Wie hat sich die Surfkultur in Taghazout verändert, seit du damit angefangen hast?

Als ich anfing zu surfen war das alles noch ganz anders. Ich habe mir mein erstes Surfboard deswegen gekauft, weil ich den Sport liebe. Heute machen es die meisten Leute nur noch für Geld und nicht, weil sie den Sport lieben. Bevor ich das Surfcamp eröffnet habe, habe ich immer davon geträumt Surfchampion zu werden. Ich habe nie gedacht, dass ich einmal ein eigenes Surfcamp besitzen würde. Mit dem Surfen kam eins zum anderen. Ich habe nie geplant ein „Boss“ zu werden oder eine eigene Firma zu besitzen. Ich bin immer Wellen geritten, weil ich die Welle geliebt habe. Und dieses Jahr werde ich wieder an Wettkämpfen teilnehmen, so Gott will, an meinen Erfolg anknüpfen und vielleicht sogar noch mehr Erfolg haben als zuvor.

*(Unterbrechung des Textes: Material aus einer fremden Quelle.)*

-- ===== src/Subscriptions/Changes/Charges.antt =====
-- What an immediate change charges.
use paywall.Prelude.{
  ℕ, ◌+◌, ◌*◌, ◌↔◌, ◌≡◌, refl, sym, ap, ◌∙◌, inl, inr, true, false, some_eq, Option, none, some,
  get_or, ◌==◌, [], ◌∷◌, ◌++◌, arith, find_first, ok, ◌>>=◌,
}
use paywall.Prelude.Int.{ℤ, pos, negsuc, abs, pos_part, neg_part}
use paywall.Dates.{Date, add_billing_interval}
use paywall.Subscriptions.Proration.{Scale, calculate_proration}
use paywall.Subscriptions.Model.{
  PlatformEventType, Db, Subscription, SubscriptionItem, Price, ProrationRecord, FinancialEvent,
}
use paywall.Subscriptions.Store.{has_id, fresh_id, update_item, get_item, get_price}
use paywall.Subscriptions.Transition.{
  platform_event, publish_type, publish_transition, ProrationInfo, TransitionResult, is_replay,
  run_transition_info,
}
use paywall.Subscriptions.Transition.Cases.{written, run_transition_info_cases}
use paywall.Subscriptions.Changes.{
  ChangeDto, change_compute, new_price_of, proration_row, prorate, book_change, has_proration,
  change_result, financial_row, record_financial, report, is_nonneg, Change, apply_change,
}
use paywall.Subscriptions.Changes.Retries.{change_now_parts, apply_change_parts}

abs-parts : (z : ℤ) → abs z ≡ pos_part z + neg_part z
abs-parts (pos n) = omega arith
abs-parts (negsuc n) = omega arith

is_nonneg-parts : (z : ℤ) → (is_nonneg z ≡ true) ↔ (neg_part z ≡ 0)
is_nonneg-parts (pos n) = ground arith
is_nonneg-parts (negsuc n) = ground arith

publish_transition-money :
    (result : Option TransitionResult) (s : Subscription) (db : Db)
    → ((publish_transition result s db).prorations ≡ db.prorations)
      × ((publish_transition result s db).financial_events ≡ db.financial_events)
unfolding publish_transition
publish_transition-money none s db = (refl, refl)
publish_transition-money (some r) s db = go (platform_event r.event_type)
  where
    go :
        (p : Option PlatformEventType)
        → ((publish_type p s db).prorations ≡ db.prorations)
          × ((publish_type p s db).financial_events ≡ db.financial_events)
    go none = (refl, refl)
    go (some q) = (refl, refl)

record_financial_effect :
    (s : Subscription) (info : ProrationInfo) (db : Db)
    → find_first (has_proration info.id) db.financial_events ≡ none
    → ((record_financial s info db).prorations ≡ db.prorations)
      × ((record_financial s info db).financial_events
          ≡ db.financial_events ++ financial_row s info ∷ [])
unfolding record_financial
record_financial_effect s info db unused = ground arith

book_change_effect :
    (dto : ChangeDto) (s : Subscription) (item : SubscriptionItem) (price : Price)
    (row_of : ℕ → ProrationRecord) (db : Db) {r : TransitionResult} {mid : Db}
    → book_change dto s item price row_of db ≡ ok r mid
    → (r ≡ change_result dto s (row_of db.next_id))
      × (mid.prorations ≡ db.prorations ++ row_of db.next_id ∷ [])
      × (mid.financial_events ≡ db.financial_events)
unfolding fresh_id update_item
book_change_effect dto s item price row_of db {r} {mid} h = ground arith

module _ (scale : Scale) (now : Date) (id user : ℕ) (dto : ChangeDto) (db : Db) (s : Subscription)
    (item : SubscriptionItem) (price new_price : Price)
    (item_found : find_first (λ i. i.subscription_id == s.id) db.items ≡ some item)
    (price_found : find_first (λ p. p.id == item.price_id) db.prices ≡ some price)
    (target_found : find_first (λ p. p.id == get_or dto.target_price_id item.price_id) db.prices
      ≡ some new_price) where
  abbrev booked_row : ProrationRecord
  booked_row =
      proration_row now dto s item new_price (prorate scale now dto s item price new_price)
        db.next_id

  new_price_of_eq :
      (d : Db) → d.prices ≡ db.prices → new_price_of dto.target_price_id price d ≡ ok new_price d
  unfolding get_price
  new_price_of_eq d same = go dto.target_price_id target_found
    where
      go :
          (o : Option ℕ)
          → find_first (λ p. p.id == get_or o item.price_id) db.prices ≡ some new_price
          → new_price_of o price d ≡ ok new_price d
      go none h = rw (some_eq (sym price_found ∙ h), new_price_of)
      go (some k) h = rw (same, h, new_price_of)

  -- What the computation writes and returns.
  computed_booking :
      (change_compute scale now dto s db
        ≡ book_change dto s item new_price
            (proration_row now dto s item new_price (prorate scale now dto s item price new_price))
            db)
  unfolding change_compute get_item get_price
  computed_booking =
      rw (item_found, change_compute, get_item, ◌>>=◌)
        (rw (price_found, get_price, ◌>>=◌) (rw (new_price_of_eq db refl, ◌>>=◌)))

  -- What a commit of that computation leaves.
  committed_booking :
      {t : Subscription} {info : Option ProrationInfo} {mid : Db}
      → is_replay dto.options db ≡ false
      → find_first (has_id id) db.subscriptions ≡ some s
      → run_transition_info id dto.options user (change_compute scale now dto) db ≡ ok (t, info) mid
      → (mid.prorations ≡ db.prorations ++ booked_row ∷ [])
        × (mid.financial_events ≡ db.financial_events)
        × (info
            ≡ some (record {
              id = booked_row.id;
              net_minor = booked_row.net_minor;
              currency = booked_row.currency;
            }))
  committed_booking {t} {info} {mid} fresh found h =
      let (s', found', cases) =
        run_transition_info_cases id dto.options user (change_compute scale now dto) db h in
      elim cases [
        | inl (replay, _, _, _) ↦ absurd (ground arith)
        | inr (c, told) ↦
            let computed : change_compute scale now dto s db ≡ ok c.r c.mid =
              rw (some_eq (sym found ∙ found')) c.computed in
            let (result, booked, quiet) =
              book_change_effect dto s item new_price _ db (sym computed_booking ∙ computed) in
            let (published, published') =
              publish_transition-money (some c.r) t (written id s' dto.options user c.r c.mid) in
            (
              ap (λ d. d.prorations) c.result ∙ published ∙ booked,
              ap (λ d. d.financial_events) c.result ∙ published' ∙ quiet,
              told ∙ ap (λ x. x.info) result,
            )
      ]

  -- An immediate change that succeeds and is not a replay adds one proration record and one
  -- financial event, provided no financial event has the key of the new record. The credit, the
  -- charge and the net amount are those of calculateProration from now to the end of the row's
  -- period (without one: a period of the new price from its start, and without a start from now),
  -- for the old price at the item's quantity and the new price at the quantity asked for, or else
  -- the row's. The event has the record's id as its key, its net amount, the absolute value of that
  -- as its amount, and its currency, the new price's; it is a charge unless the net amount is
  -- negative.
  pub apply_change_books :
      (c : Change) (db' : Db)
      → dto.immediate ≡ true
      → is_replay dto.options db ≡ false
      → find_first (has_id id) db.subscriptions ≡ some s
      → find_first (has_proration db.next_id) db.financial_events ≡ none
      → apply_change scale now id user dto db ≡ ok c db'
      → let start = get_or s.current_period_start now in
        let r = calculate_proration scale (record {
          period_start = start;
          period_end =
              get_or s.current_period_end
                (add_billing_interval start new_price.interval new_price.interval_count);
          now = now;
          old_amount_minor = price.amount_minor * item.quantity;
          new_amount_minor = new_price.amount_minor * get_or dto.target_quantity s.quantity;
        }) in
        (row : ProrationRecord) × (event : FinancialEvent) × (db'.prorations
          ≡ db.prorations ++ row ∷ [])
        × (row.subscription_id ≡ s.id)
        × (row.credit_minor ≡ r.credit_minor)
        × (row.charge_minor ≡ r.charge_minor)
        × (row.net_minor ≡ r.net_minor)
        × (row.currency ≡ new_price.currency)
        × (db'.financial_events ≡ db.financial_events ++ event ∷ [])
        × (event.idempotency_key ≡ row.id)
        × (event.net_minor ≡ r.net_minor)
        × (event.amount_minor ≡ pos_part r.net_minor + neg_part r.net_minor)
        × (event.currency ≡ new_price.currency)
        × ((event.is_charge ≡ true) ↔ (neg_part r.net_minor ≡ 0))
  unfolding record_financial
  apply_change_books c db' at_once fresh found unused h =
      let (s', found', done) = apply_change_parts scale now id user dto db at_once h in
      let same : s' ≡ s = some_eq (sym found' ∙ found) in
      let (t, info, mid, ran, e, e') = change_now_parts scale now id user dto s' db done in
      let (booked, quiet, told) = committed_booking fresh found ran in
      let info' : ProrationInfo = record {
        id = booked_row.id;
        net_minor = booked_row.net_minor;
        currency = booked_row.currency;
      } in
      let reported : db' ≡ record_financial s info' mid =
        e' ∙ (λ i. report (same i) (told i) mid) in
      let (kept, added) = record_financial_effect s info' mid (rw quiet unused) in
      (
        booked_row,
        financial_row s info',
        ap (λ d. d.prorations) reported ∙ kept ∙ booked,
        refl,
        refl,
        refl,
        refl,
        refl,
        ap (λ d. d.financial_events) reported
            ∙ added
            ∙ ap (λ es. es ++ financial_row s info' ∷ []) quiet,
        refl,
        refl,
        abs-parts booked_row.net_minor,
        refl,
        is_nonneg-parts booked_row.net_minor,
      )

Was denkst du, wie sich die Surfkultur in Zukunft verändern wird?

Ich bin sicher, dass die Zukunft nie genau das bringen wird, was wir uns jetzt vorstellen. Viele Menschen hier und auf der ganzen Welt sehen nur das viele Geld, dass in diesem Sport verdient werden kann. Sie surfen nicht, weil sie es lieben. Ich kann mich noch daran erinnern, wie ich durch ganz Marokko gereist bin und manchmal kein Geld und kein Essen hatte. Ich hoffe, dass die nächste Generation anders denkt und surft, um Champion in einem Sport zu werden, den sie lieben.

Was gefällt dir am meisten an der Region Taghazout und Tamraght?

An Tamraght, wo auch das Haus meines Surfcamps steht, schätze ich sehr, dass es ein wirklich netter und sauberer kleiner Ort ist. Perfekt für Leute, die einfach nur relaxen und chillen möchten. Die Berber in Tamraght sind sehr freundlich und die Nachbarschaft ist sehr nett. In Taghazout liebe ich vor allem die Wellen. Sie sind großartig und es gibt so viele Surfspots. Man kann dort perfekte Wellen reiten, sowohl als Anfänger als auch als Pro Surfer.

Ich bin sehr froh, dass du es trotz des vielen Stress geschafft hast mit mir zu sprechen. Danke für deine Zeit und das Interview Brahim!